--- DIRECTIONS ---
Using the entries that follow, count the lines containing the word "take" and give that number by itself.

--- EXTRACTED INFORMATION ---
-.-.-
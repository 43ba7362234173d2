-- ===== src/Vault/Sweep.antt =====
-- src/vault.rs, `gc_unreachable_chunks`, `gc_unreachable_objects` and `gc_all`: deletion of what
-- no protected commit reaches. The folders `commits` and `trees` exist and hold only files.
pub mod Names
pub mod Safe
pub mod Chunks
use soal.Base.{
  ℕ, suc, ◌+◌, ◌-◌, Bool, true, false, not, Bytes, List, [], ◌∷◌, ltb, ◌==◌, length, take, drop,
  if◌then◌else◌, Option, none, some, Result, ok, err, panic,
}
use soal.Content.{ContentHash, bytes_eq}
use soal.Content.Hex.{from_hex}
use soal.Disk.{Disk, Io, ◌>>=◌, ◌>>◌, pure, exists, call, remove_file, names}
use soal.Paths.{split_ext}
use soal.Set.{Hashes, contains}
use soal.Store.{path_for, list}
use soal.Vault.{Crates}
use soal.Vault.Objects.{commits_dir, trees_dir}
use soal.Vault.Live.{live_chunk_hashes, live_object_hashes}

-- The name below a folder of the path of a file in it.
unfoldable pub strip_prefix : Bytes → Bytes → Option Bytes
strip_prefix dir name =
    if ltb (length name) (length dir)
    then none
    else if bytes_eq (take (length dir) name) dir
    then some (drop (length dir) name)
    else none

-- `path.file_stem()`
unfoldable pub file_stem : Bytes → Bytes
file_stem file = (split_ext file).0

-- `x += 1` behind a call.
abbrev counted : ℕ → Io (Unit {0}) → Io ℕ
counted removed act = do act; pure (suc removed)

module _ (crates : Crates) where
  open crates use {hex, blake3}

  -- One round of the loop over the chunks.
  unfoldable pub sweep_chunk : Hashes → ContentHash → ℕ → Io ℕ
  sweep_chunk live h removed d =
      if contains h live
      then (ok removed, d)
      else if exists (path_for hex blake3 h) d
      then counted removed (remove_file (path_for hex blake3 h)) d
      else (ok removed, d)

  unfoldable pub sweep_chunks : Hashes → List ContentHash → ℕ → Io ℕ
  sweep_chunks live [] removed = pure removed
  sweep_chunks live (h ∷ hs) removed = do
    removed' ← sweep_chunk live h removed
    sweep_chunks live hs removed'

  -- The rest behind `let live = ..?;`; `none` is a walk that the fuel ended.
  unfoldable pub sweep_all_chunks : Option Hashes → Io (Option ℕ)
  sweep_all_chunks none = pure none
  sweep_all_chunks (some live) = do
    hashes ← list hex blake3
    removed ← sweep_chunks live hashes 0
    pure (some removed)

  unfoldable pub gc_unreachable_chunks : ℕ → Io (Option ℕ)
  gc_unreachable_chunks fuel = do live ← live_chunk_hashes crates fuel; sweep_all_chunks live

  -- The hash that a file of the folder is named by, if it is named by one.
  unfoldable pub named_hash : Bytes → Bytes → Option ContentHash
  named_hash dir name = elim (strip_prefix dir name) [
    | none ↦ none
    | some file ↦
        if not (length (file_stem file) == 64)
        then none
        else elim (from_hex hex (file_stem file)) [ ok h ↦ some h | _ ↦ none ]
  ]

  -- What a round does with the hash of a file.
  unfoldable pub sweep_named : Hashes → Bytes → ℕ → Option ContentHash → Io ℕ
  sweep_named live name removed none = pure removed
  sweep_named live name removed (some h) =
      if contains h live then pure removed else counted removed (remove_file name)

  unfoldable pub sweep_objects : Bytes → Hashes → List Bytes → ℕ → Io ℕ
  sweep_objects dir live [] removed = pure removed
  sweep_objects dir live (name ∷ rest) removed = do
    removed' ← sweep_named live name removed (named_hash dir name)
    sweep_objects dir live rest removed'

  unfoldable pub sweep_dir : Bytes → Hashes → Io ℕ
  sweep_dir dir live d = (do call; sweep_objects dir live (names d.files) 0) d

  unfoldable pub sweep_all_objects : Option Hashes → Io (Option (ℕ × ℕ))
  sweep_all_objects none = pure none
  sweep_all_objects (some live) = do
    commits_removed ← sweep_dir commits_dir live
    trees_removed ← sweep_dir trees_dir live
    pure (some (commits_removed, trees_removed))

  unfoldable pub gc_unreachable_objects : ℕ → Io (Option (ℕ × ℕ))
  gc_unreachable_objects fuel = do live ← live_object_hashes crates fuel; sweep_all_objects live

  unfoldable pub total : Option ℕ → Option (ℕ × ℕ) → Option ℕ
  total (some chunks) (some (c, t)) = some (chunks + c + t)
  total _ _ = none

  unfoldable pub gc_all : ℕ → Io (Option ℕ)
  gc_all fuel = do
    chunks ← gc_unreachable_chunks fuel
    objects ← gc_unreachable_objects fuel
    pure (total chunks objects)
-.-.-
--- TASK SOLUTION ---
2